Our tool uses Google's DNS-over-HTTPS API (dns.google) to perform PTR lookups, which is reliable, fast and works without any API key.
What does the ISP type classification mean?+
Our tool classifies every IP address into one of five ISP types based on the organisation name and ASN:
🏠 Residential ISP — A standard home internet connection (Comcast, BT, Deutsche Telekom, etc.). Low risk score. Most e-commerce customers come from this category.
🏢 Business ISP — A corporate leased line or business broadband. Slightly elevated risk as bots and scrapers may use business IPs, but most are legitimate.

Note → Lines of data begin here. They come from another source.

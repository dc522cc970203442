-- ===== src/Lookup/Starts.antt =====
-- `getdevice` as a whole: the device name, the rest of the path and the vnode to start from.
use sdp_project_c.Common.{
  ℕ, zero, suc, ◌+◌, ◌-◌, ◌≤◌, ◌<◌, ◌≡◌, refl, sym, ◌∙◌, ap, subst, ◌≢◌, ◌⊎◌, inl, inr, true, false,
  Option, none, some, Returns, Returns-map, ◌>>=◌, Returns-bind, arith, ◌==◌, update,
}
use sdp_project_c.Spinlock.{unheld}
use sdp_project_c.Str.Length.{IsString}
use sdp_project_c.Lookup.{
  Answer, refused, gives, Vfs, Devices, Start, find_loop, skip_slashes, receive, vfs_getcurdir,
  current_root, boot_root, after_slashes, start_from, getdevice,
}
use sdp_project_c.Lookup.Refs.{
  cwd_start, Counted, receive-Counted, vfs_getcurdir-Counted, current_root-Counted,
  boot_root-Counted,
}
use sdp_project_c.Lookup.Paths.{
  Found, find_loop-Found, Landed, skip_slashes-Landed, Rest, AllPlain, SetBy, Kind, by_relative,
  by_slash, by_colon, by_device, Begins, rest-IsString,
}

module _ (d : Devices) (rounds path n : ℕ) (m : ℕ → ℕ) (s : Vfs) (str : IsString path n m)
    (lt : n < rounds) (free : (x : ℕ) → (s.vnodes x).vn_countlock ≡ unheld) where
  from_cwd :
      (r : Answer × Vfs)
      → Counted s r.0 r.1
      → r.0 ≡ cwd_start s
      → m path ≢ 47
      → ((AllPlain path 0 n m)
          ⊎ ((k : ℕ) × (0 < k) × (k < n) × (m (path + k) ≡ 47) × AllPlain path 0 k m))
      → Begins d path n m s (record { startvn = r.0; subpath = some path; memory = m; vfs = r.1 })
  from_cwd r counted at clean plain = record {
    counted = counted;
    rest = (0, omega arith, omega arith, rest-IsString path n 0 m str (omega arith), clean);
    kind = by_relative plain refl at refl;
  }

  -- What `after_slashes` sets.
  Skipped : Answer → Vfs → Start → Type 0
  Skipped answer s' r =
      (r.startvn ≡ answer)
      × (r.memory ≡ m)
      × (r.vfs ≡ s')
      × Rest path n r.memory r.subpath
      × SetBy r.startvn r.subpath

  after_slashes-Skipped :
      (answer : Answer) (s' : Vfs)
      → 0 < n
      → Returns (after_slashes rounds path m answer s') (Skipped answer s')
  unfolding after_slashes Skipped
  after_slashes-Skipped (refused e) s' pos = (refl, refl, refl, tt, refl)
  after_slashes-Skipped (gives u) s' pos =
      let here : path + 0 ≡ path = omega arith in
      Returns-bind (Landed path n 0 m) _ (skip_slashes rounds path m) _
        (subst (λ b. Returns (skip_slashes rounds b m) (Landed path n 0 m)) here
          (skip_slashes-Landed rounds path n 0 m str.last pos (omega arith)))
        (λ b (o, e, p, q, clean, between). (
          refl,
          refl,
          refl,
          (o, e, q, rest-IsString path n o m str q, subst (λ a. m a ≢ 47) (sym e) clean),
          tt,
        ))

  after_slashes-Begins :
      (answer : Answer) (s' : Vfs)
      → Counted s answer s'
      → 0 < n
      → ((r : Start)
          → r.startvn ≡ answer
          → r.memory ≡ m
          → SetBy r.startvn r.subpath
          → Kind d path n m s r)
      → Returns (after_slashes rounds path m answer s') (Begins d path n m s)
  unfolding Skipped
  after_slashes-Begins answer s' counted pos kind =
      Returns-map (Skipped answer s') _ (after_slashes rounds path m answer s')
        (λ r (start, same, vfs, rest, set). record {
          counted = rw (start, vfs) counted;
          rest = rest;
          kind = kind r start same set;
        })
        (after_slashes-Skipped answer s' pos)

  first_clean :
      (k : ℕ)
      → k ≤ n
      → ((x : ℕ) → 0 ≤ x → x < k → (m (path + x) ≢ 58) × (m (path + x) ≢ 47))
      → (0 < k) ⊎ (k ≡ n)
      → m path ≢ 47
  first_clean k le plain (inl pos) =
      let here : path + 0 ≡ path = omega arith in
      subst (λ a. m a ≢ 47) here ((plain 0 (omega arith) pos).1)
  first_clean zero le plain (inr all) = λ e.
      let ends : m path ≡ 0 = ap m (let z : path ≡ path + n = omega (arith, all) in z) ∙ str.last in
      absurd (omega (arith, e, ends))
  first_clean (suc k) le plain (inr all) =
      let here : path + 0 ≡ path = omega arith in
      subst (λ a. m a ≢ 47) here ((plain 0 (omega arith) (omega arith)).1)

  -- The path with its colon at `k` made an end.
  cut : ℕ → ℕ → ℕ
  cut k = update m (path + k) 0

  cut-other : (k x : ℕ) → x ≢ k → cut k (path + x) ≡ m (path + x)
  unfolding cut
  cut-other k x ne =
      let differs : (path + k == path + x) ≡ false = ground (arith, ne) in rw differs refl

  cut-here : (k : ℕ) → cut k (path + k) ≡ 0
  unfolding cut
  cut-here k = let same : (path + k == path + k) ≡ true = ground arith in rw same refl

  name-IsString : (k : ℕ) → k < n → IsString path k (cut k)
  name-IsString k below = record {
    chars = λ i li e. str.chars i (omega arith) (sym (cut-other k i (omega arith)) ∙ e);
    last = cut-here k;
  }

  behind-IsString : (k o : ℕ) → k < o → o ≤ n → IsString (path + o) (n - o) (cut k)
  behind-IsString k o above le = record {
    chars = λ i li e.
        let at : path + (o + i) ≡ path + o + i = omega arith in
        str.chars (o + i) (omega arith)
          (sym (cut-other k (o + i) (omega arith)) ∙ ap (cut k) at ∙ e);
    last =
        let at : path + o + (n - o) ≡ path + n = omega (arith, le) in
        ap (cut k) at ∙ cut-other k n (omega arith) ∙ str.last;
  }

  start_from-Begins :
      (slash colon : Option ℕ)
      → Found path n 0 m (slash, colon)
      → s.p_lock ≡ unheld
      → ((u : ℕ) → s.p_cwd ≡ some u → (d.has_fs u ≡ true) × (0 < (s.vnodes u).vn_refcount))
      → Returns (start_from d rounds path m slash colon s) (Begins d path n m s)
  unfolding start_from cut
  start_from-Begins none none found unlocked cwd =
      Returns-bind _ _ (vfs_getcurdir s) _ (vfs_getcurdir-Counted s free unlocked)
        (λ r h. from_cwd r h.0 h.2 (first_clean n (omega arith) found (inr refl)) (inl found))
  start_from-Begins (some (suc k)) none (_, below, is_slash, plain) unlocked cwd =
      Returns-bind _ _ (vfs_getcurdir s) _ (vfs_getcurdir-Counted s free unlocked) (λ r h.
        from_cwd r h.0 h.2 (first_clean (suc k) (omega arith) plain (inl (omega arith)))
          (inr (suc k, omega arith, below, is_slash, plain)))
  start_from-Begins (some zero) none (_, below, is_slash, _) unlocked cwd =
      let here : path + 0 ≡ path = omega arith in
      Returns-bind _ _ (boot_root s) _ (boot_root-Counted s free) (λ r h.
        after_slashes-Begins r.0 r.1 h.0 below
          (λ r' start same set. by_slash below (sym (ap m here) ∙ is_slash) same (start ∙ h.1) set))
  start_from-Begins found_slash (some zero) (_, below, is_colon, _) unlocked cwd =
      let here : path + 0 ≡ path = omega arith in
      Returns-bind _ _ (current_root d s) _ (current_root-Counted d s free unlocked cwd) (λ r h.
        after_slashes-Begins r.0 r.1 h.0 below
          (λ r' start same set. by_colon below (sym (ap m here) ∙ is_colon) same (start ∙ h.1) set))
  start_from-Begins found_slash (some (suc k)) (_, below, is_colon, plain) unlocked cwd =
      Returns-bind (Landed path n (suc k) (cut (suc k))) _
        (skip_slashes rounds (path + suc k) (cut (suc k))) _
        (skip_slashes-Landed rounds path n (suc k) (cut (suc k))
          (cut-other (suc k) n (omega arith) ∙ str.last) below (omega arith))
        (λ b (o, e, p, q, clean, between).
          Returns-bind _ _ (receive (d.vfs_getroot (cut (suc k)) path) s) _
            (receive-Counted (d.vfs_getroot (cut (suc k)) path) s free)
            (λ s' h. record {
              counted = h;
              rest = (
                o,
                e,
                q,
                behind-IsString (suc k) o p q,
                subst (λ a. cut (suc k) a ≢ 47) (sym e) clean,
              );
              kind =
                  by_device (suc k) (omega arith) below is_colon plain (name-IsString (suc k) below)
                    refl refl tt;
            }))

-- `getdevice` of a path of `n` characters, where the thread holds the lock of the vnode layer, `p_lock` and the locks
-- of the vnodes are free, and the current directory, if there is one, has a file system and a reference, ends.
-- A path that begins with a slash starts from the boot file system, one that begins with a colon from the root of
-- the file system of the current directory; a path whose first colon comes before any slash from what `vfs_getroot`
-- gives for the name before it, which is made a string; any other from the current directory, as it is. `*subpath`,
-- if it is set, is what is left of the path from one of its characters on, and begins with no slash; it is left alone
-- if a path that begins with a slash or a colon has nothing to start from. No vnode has gained or lost a reference,
-- but that to start from one.
pub getdevice-Begins :
    (d : Devices) (rounds path n : ℕ) (m : ℕ → ℕ) (s : Vfs)
    → IsString path n m
    → n < rounds
    → s.biglock_held ≡ true
    → ((x : ℕ) → (s.vnodes x).vn_countlock ≡ unheld)
    → s.p_lock ≡ unheld
    → ((u : ℕ) → s.p_cwd ≡ some u → (d.has_fs u ≡ true) × (0 < (s.vnodes u).vn_refcount))
    → Returns (getdevice d rounds path m s) (Begins d path n m s)
unfolding getdevice
getdevice-Begins d rounds path n m s str lt held free unlocked cwd =
    let there : Returns (find_loop rounds path 0 m >>= λ r. start_from d rounds path m r.0 r.1 s)
        (Begins d path n m s) =
      Returns-bind (Found path n 0 m) _ (find_loop rounds path 0 m) _
        (find_loop-Found rounds path n 0 m str (omega arith) (omega arith))
        (λ r found. start_from-Begins d rounds path n m s str lt free r.0 r.1 found unlocked cwd) in
    ground (arith, held, there)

📱 Mobile Network — A cellular carrier's IP pool (Verizon Wireless, Vodafone Mobile, etc.). Low risk. IP location accuracy is lower because mobile IPs are pooled nationally.
☁️ Cloud Hosting — A datacenter or cloud provider IP (AWS, Google Cloud, Azure, DigitalOcean, Hetzner, OVH, etc.). Medium-high risk. Real users rarely have datacenter IPs — this category is common for bots, scrapers, and server-based automation.
🔴 VPN Provider — An IP belonging to a known VPN service (NordVPN, ExpressVPN, etc.). High risk. The actual user's location and identity are concealed.
This classification is more actionable than a raw ISP name — it tells you what kind of entity is behind the connection, which is what fraud prevention, marketing and security teams actually need to know.
How do I use the comparison mode and what can it tell me?+
The comparison mode lets you analyse two IP addresses simultaneously and see their attributes displayed side by side. This is useful in several scenarios:
Before/after VPN: Look up your IP without and with a VPN to confirm the VPN is masking your real location and ISP correctly.
Suspicious logins: A user logs in from IP A (their usual location) and 10 minutes later from IP B (different country). Comparing both IPs shows whether this is physically possible — the "impossible travel" fraud detection technique.
Server vs client debugging: Compare your own IP with a server IP to understand the routing context between them.
CDN verification: Check whether traffic is being served from the expected CDN PoP for a given region.
Traffic analysis: In web analytics, compare the ISP types of two audience segments to understand whether one is disproportionately bot or datacenter traffic.
To use it: switch to the Compare tab, enter two IPs (or click "Use My IP" for either field), and click Compare. Differences between the two results are highlighted in the output.